After November, 1979 or for a period of more than five months, there was no movement or
activity in the intestate case. On April 18, 1980 Juanita Grimm Morris, through Ethel's lawyers,
filed a motion for accounting "so that the Estate properties can be partitioned among the heirs
and the present intestate estate be closed." Del Callar, Maxine's lawyer was notified of that
motion.
Petition to annul partition and testate proceeding No. 134559. On September 8, 1980, the
Angara law firm in behalf of Maxine, Pete and Linda, filed at the lower court a petition praying
for the probate of Grimm's two wills (already probated in Utah), that the 1979 partition approved
by the intestate court be set aside and the letters of administration revoked, that Maxine be

appointed executrix and that Ethel and Juanita Morris be ordered to account for the properties
received by them and to return the same to Maxine.
Grimm's second wife and two children alleged that they were defraud due to the machinations of
the Roberts spouses, that the 1978 Utah compromise agreement was illegal, that the intestate
proceeding is void because Grimm died testate and that the partition was contrary to the
decedent's wills.
Ethel filed a motion to dismiss the petition. Judge Leonidas denied it for lack of merit in his
order of October 27, 1980. Ethel then filed a petition for certiorari and prohibition in this Court,
praying that the testate proceeding be dismissed, or. alternatively that the two proceedings be
consolidated and heard in CFI Manila and that the matter of the annulment of the Utah
compromise agreement be heard prior to the petition for probate.

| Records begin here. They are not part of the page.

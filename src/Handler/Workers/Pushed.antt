-- ===== src/Handler/Workers/Pushed.antt =====
-- The invariant after a request's locked section.
use ngx_sqlite_log.Base.{ℕ, ◌≡◌, ap, List, [], ◌∷◌, arith, length, All-append}
use ngx_sqlite_log.Util.{Str}
use ngx_sqlite_log.Memory.{Pool, Lists}
use ngx_sqlite_log.Slab.{Slab}
use ngx_sqlite_log.Buf.{ok, done, error, Shared}
use ngx_sqlite_log.Buf.Invariant.{rows, Owns}
use ngx_sqlite_log.Sqlite.{Sqlite}
use ngx_sqlite_log.Sqlite.Transactions.{Transactions, Value}
use ngx_sqlite_log.Db.{Fmt}
use ngx_sqlite_log.Handler.Workers.{Section, queued, refused, taken, System, pushed}
use ngx_sqlite_log.Handler.Workers.Count.{count, count-append, count-parts_of}
use ngx_sqlite_log.Handler.Workers.Locked.{Sectioned}
use ngx_sqlite_log.Handler.Workers.Conserved.{Conserved}

module _ (slab : Slab) (p : Pool) (lists : Lists p) (sq : Sqlite) (tx : Transactions sq) where
  module _ (fmt : Fmt) (others : ℕ → ℕ) (base : List (List Value)) where
    -- An entry of the format.
    abbrev Wide : List Str → Type 0
    Wide r = length r ≡ fmt.ncols

    -- The invariant, with the parameters of this section.
    abbrev Inv : System slab sq → Type 0
    Inv s = Conserved slab p lists sq tx fmt others base s

    pub pushed-Conserved :
        (entry : List Str) (s : System slab sq) (o : Section (lists.L × p.State) × Shared slab)
        → Wide entry
        → Inv s
        → Owns slab others o.1
        → Sectioned slab p lists entry s.shared o
        → Inv (pushed slab p lists sq entry o s)
    pushed-Conserved entry s (queued, sh) w c v u = record {
      owns = v;
      wide_rows = rw u (All-append Wide (rows s.shared.queue) (entry ∷ []) c.wide_rows (w, tt));
      wide_backs = c.wide_backs;
      wide_flight = c.wide_flight;
      holds = c.holds;
      counted = λ q h. omega (
        arith,
        c.counted q h,
        ap (count q) u,
        count-append q (rows s.shared.queue) (entry ∷ []),
        count-append q s.arrived (entry ∷ []),
      );
    }
    pushed-Conserved entry s (refused ok, sh) w c v u = absurd u
    pushed-Conserved entry s (refused done, sh) w c v u = record {
      owns = v;
      wide_rows = rw u (All-append Wide (rows s.shared.queue) (entry ∷ []) c.wide_rows (w, tt));
      wide_backs = c.wide_backs;
      wide_flight = c.wide_flight;
      holds = c.holds;
      counted = λ q h. omega (
        arith,
        c.counted q h,
        ap (count q) u,
        count-append q (rows s.shared.queue) (entry ∷ []),
        count-append q s.arrived (entry ∷ []),
        count-append q s.dropped [],
      );
    }
    pushed-Conserved entry s (refused error, sh) w c v u = record {
      owns = v;
      wide_rows = rw u c.wide_rows;
      wide_backs = c.wide_backs;
      wide_flight = c.wide_flight;
      holds = c.holds;
      counted = λ q h. omega (
        arith,
        c.counted q h,
        ap (count q) u,
        count-append q s.arrived (entry ∷ []),
        count-append q s.dropped (entry ∷ []),
      );
    }
    pushed-Conserved entry s (taken ok r, sh) w c v u = absurd u
    pushed-Conserved entry s (taken done (l, m), sh) w c v u = record {
      owns = v;
      wide_rows = rw u.0 tt;
      wide_backs = c.wide_backs;
      wide_flight = (tt, c.wide_flight);
      holds = c.holds;
      counted = λ q h. omega (
        arith,
        c.counted q h,
        ap (λ ns. count q (rows ns)) u.0,
        ap (count q) u.1,
        count-append q (rows s.shared.queue) (entry ∷ []),
        count-append q s.arrived (entry ∷ []),
      );
    }
    pushed-Conserved entry s (taken error (l, m), sh) w c v u = record {
      owns = v;
      wide_rows = rw u.0 tt;
      wide_backs = c.wide_backs;
      wide_flight = ((w, tt), c.wide_flight);
      holds = c.holds;
      counted = λ q h. omega (
        arith,
        c.counted q h,
        ap (λ ns. count q (rows ns)) u.0,
        ap (count q) u.1,
        count-parts_of q (rows s.shared.queue) h,
        count-append q s.arrived (entry ∷ []),
      );
    }
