-- ===== src/Handler/Workers/Interleaved.antt =====
-- Any interleaving of the workers' steps.
use ngx_sqlite_log.Base.{
  ℕ, ◌+◌, ◌≤◌, ◌≡◌, refl, sym, ap, ◌∙◌, Bool, false, List, [], ◌++◌, append-nil,
}
use ngx_sqlite_log.Util.{Str}
use ngx_sqlite_log.Memory.{Pool, Lists}
use ngx_sqlite_log.Slab.{Slab}
use ngx_sqlite_log.Buf.{Shared, unshift_locked, list_locked}
use ngx_sqlite_log.Buf.Invariant.{rows, Owns, unshift_lem}
use ngx_sqlite_log.Buf.Rows.{list_lem}
use ngx_sqlite_log.Sqlite.{Sqlite}
use ngx_sqlite_log.Sqlite.Wrap.{State}
use ngx_sqlite_log.Sqlite.Transactions.{Transactions, Value}
use ngx_sqlite_log.Sql.Insert.{insert_text}
use ngx_sqlite_log.Db.{Fmt, db_insert_list}
use ngx_sqlite_log.Db.Insert.{table}
use ngx_sqlite_log.Db.Retry.{Stays-StoredOnce}
use ngx_sqlite_log.Handler.Conserve.{fmt_rows}
use ngx_sqlite_log.Handler.Workers.{
  lock_section, System, Step, request, flush, insert, unshift, Reach, start, later,
}
use ngx_sqlite_log.Handler.Workers.Count.{count, in_flight}
use ngx_sqlite_log.Handler.Workers.Locked.{lock_section_lem}
use ngx_sqlite_log.Handler.Workers.Pushed.{pushed-Conserved}
use ngx_sqlite_log.Handler.Workers.Conserved.{
  Conserved, flushed-Conserved, inserted-Conserved, unshifted-Conserved,
}

module _ (slab : Slab) (sq : Sqlite) where
  -- A system in which no worker has anything in hand.
  abbrev pub at_rest : Shared slab → State sq → System slab sq
  at_rest sh st = record {
    shared = sh;
    dbs = st;
    flight = [];
    backs = [];
    arrived = [];
    stored = [];
    dropped = [];
  }

module _ (slab : Slab) (p : Pool) (lists : Lists p) (sq : Sqlite) (tx : Transactions sq) (fmt : Fmt)
    (max : ℕ) where
  module _ (others : ℕ → ℕ) (base : List (List Value)) where
    -- The invariant, with the parameters of this section.
    abbrev Inv : System slab sq → Type 0
    Inv s = Conserved slab p lists sq tx fmt others base s

    Step-Conserved :
        {s t : System slab sq}
        → fmt.sql_insert ≡ insert_text fmt.name fmt.ncols
        → 1 ≤ fmt.ncols
        → Inv s
        → Step slab p lists sq fmt max s t
        → Inv t
    Step-Conserved {s} h pos c (request entry m w) =
        let (v, u) =
          lock_section_lem slab p lists others max entry m s.shared (rw w pos) (rw w c.wide_rows)
            c.owns in
        pushed-Conserved slab p lists sq tx fmt others base entry s
          (lock_section slab p lists max entry m s.shared) w c v u
    Step-Conserved {s} h pos c (flush m some_wait) =
        flushed-Conserved slab p lists sq tx fmt others base s
          (list_locked slab p lists fmt.ncols s.shared m) c
          (list_lem slab p lists others fmt.ncols s.shared m pos c.wide_rows c.owns)
    Step-Conserved {s} h pos c (insert before b after db e f stays) =
        inserted-Conserved slab p lists sq tx fmt others base s before b after db
          (db_insert_list sq db b.parts s.dbs) e f c
          (Stays-StoredOnce sq tx db b.parts s.dbs
            (ap (λ g. g.sql_insert) f ∙ h ∙ ap (λ g. insert_text g.name g.ncols) (sym f)) stays)
    Step-Conserved {s} h pos c (unshift before entry after e) =
        let (v, u) = unshift_lem slab others entry s.shared c.owns in
        unshifted-Conserved slab p lists sq tx fmt others base s before entry after
          (unshift_locked slab entry s.shared) e c v u

    Reach-Conserved :
        {s t : System slab sq}
        → fmt.sql_insert ≡ insert_text fmt.name fmt.ncols
        → 1 ≤ fmt.ncols
        → Inv s
        → Reach slab p lists sq fmt max s t
        → Inv t
    Reach-Conserved h pos c start = c
    Reach-Conserved h pos c (later r x) = Step-Conserved h pos (Reach-Conserved h pos c r) x

  -- What has become of the entries that arrived, in a system that began with `base` in the table.
  abbrev pub Accounted : List (List Value) → System slab sq → Type 0
  Accounted base t =
      (table sq tx t.dbs ≡ base ++ fmt_rows sq tx fmt t.stored)
      × ((q : List Str → Bool)
          → q [] ≡ false
          → count q t.stored
              + count q (rows t.shared.queue)
              + in_flight q t.flight
              + count q t.backs
              + count q t.dropped
            ≡ count q t.arrived)

  -- For a format whose INSERT is the text that the module builds, with at least one column, from an
  -- empty queue that satisfies its invariant, and however many workers interleave their requests,
  -- flushes, insertions (that need no second attempt) and unshifts: the table is the one at the
  -- start followed by the rows of the entries whose insertion succeeded, in that order. Each entry
  -- that arrived is stored, waits, is in a worker's hands or was given up, and is so exactly as
  -- often as it arrived; the blank rows that stand for an empty queue are not counted. The queue's
  -- invariant holds throughout.
  pub interleaved-Accounted :
      (others : ℕ → ℕ) (sh : Shared slab) (st : State sq) (t : System slab sq)
      → fmt.sql_insert ≡ insert_text fmt.name fmt.ncols
      → 1 ≤ fmt.ncols
      → Owns slab others sh
      → sh.queue ≡ []
      → Reach slab p lists sq fmt max (at_rest slab sq sh st) t
      → Owns slab others t.shared × Accounted (table sq tx st) t
  interleaved-Accounted others sh st t h pos v e r =
      let c = Reach-Conserved others (table sq tx st) h pos begin r in
      (c.owns, (c.holds, c.counted))
    where
      begin : Conserved slab p lists sq tx fmt others (table sq tx st) (at_rest slab sq sh st)
      begin = record {
        owns = v;
        wide_rows = rw e tt;
        wide_backs = tt;
        wide_flight = tt;
        holds = sym (append-nil (table sq tx st));
        counted = λ q no_blank. rw e refl;
      }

ISSUE: Whether or not testate court should have dismissed the petition for probate.

RULING:

No. The petition for probate was proper.

A testate proceeding is proper in this case because Grimm died with two wills and "no
will shall pass either real or personal property unless it is proved and allowed" (Art. 838, Civil
Code; Sec. 1, Rule 75, Rules of Court).

The probate of the will is mandatory (Guevara vs. Guevara, 74 Phil. 479 and 98 Phil.
249; Baluyot vs. Panio, L-42088, May 7, 1976, 71 SCRA 86). It is anomalous that the estate of a
person who died testate should be settled in an intestate proceeding. Therefore, the intestate case
should be consolidated with the testate proceeding and the judge assigned to the testate
proceeding should continue hearing the two cases.

Ethel may file within twenty days from notice of the finality of this judgment an
opposition and answer to the petition unless she considers her motion to dismiss and other
pleadings sufficient for the purpose. Juanita G. Morris, who appeared in the intestate case, should
be served with copies of orders, notices and other papers in the testate case.